-- ===== src/V4/Tests.antt =====
-- Runs of the v4 codec.
use jklibs.Common.{ℕ, ◌≡◌, refl, Bool, true, List, [], ◌∷◌, some, arith}
use jklibs.Common.Outcome.{done}
use jklibs.V4.{
  JkProV4, Header, no_state, to_bytes, parse, first_byte, second_byte, calloc, memcpy, size_of_int,
  init, set_header, set_body,
}
use jklibs.V4.Messages.{parse-to_bytes}

abbrev sample : Header
sample = record { version = 9; crypt = 2; ack = 0; length = 3 }

abbrev all_granted : ℕ → Bool
all_granted n = true

abbrev message : JkProV4
message = record { header = sample; body = some (1 ∷ 2 ∷ 3 ∷ 4 ∷ []) }

sent : to_bytes all_granted message ≡ done (0x98 ∷ 3 ∷ 1 ∷ 2 ∷ 3 ∷ [])
unfolding to_bytes first_byte second_byte calloc memcpy size_of_int
sent = refl

built :
    (set_body all_granted (set_header (init 9 2) 0 3) (1 ∷ 2 ∷ 3 ∷ [])).0.body
    ≡ some (1 ∷ 2 ∷ 3 ∷ [])
unfolding set_body set_header init calloc memcpy size_of_int
built = refl

parse-to_bytes_example :
    (out : List ℕ) × (to_bytes all_granted message ≡ done out)
    × (parse all_granted true no_state out
        ≡ (record { header = sample; body = some (1 ∷ 2 ∷ 3 ∷ 0 ∷ []) }, done tt))
parse-to_bytes_example =
    parse-to_bytes all_granted true no_state 9 2 3 (1 ∷ 2 ∷ 3 ∷ 4 ∷ []) (omega arith) (omega arith)
      (omega arith) (omega arith) refl refl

-=-=-=-=-

__ASSIGNED TASK__.
Reproduce only the lines from the line containing "(set_body all_granted (set_header" to the last line of the material above, both of those lines included.

__EXERCISE RESPONSE__.
    (set_body all_granted (set_header (init 9 2) 0 3) (1 ∷ 2 ∷ 3 ∷ [])).0.body
    ≡ some (1 ∷ 2 ∷ 3 ∷ [])
unfolding set_body set_header init calloc memcpy size_of_int
built = refl

parse-to_bytes_example :
    (out : List ℕ) × (to_bytes all_granted message ≡ done out)
    × (parse all_granted true no_state out
        ≡ (record { header = sample; body = some (1 ∷ 2 ∷ 3 ∷ 0 ∷ []) }, done tt))
parse-to_bytes_example =
    parse-to_bytes all_granted true no_state 9 2 3 (1 ∷ 2 ∷ 3 ∷ 4 ∷ []) (omega arith) (omega arith)
      (omega arith) (omega arith) refl refl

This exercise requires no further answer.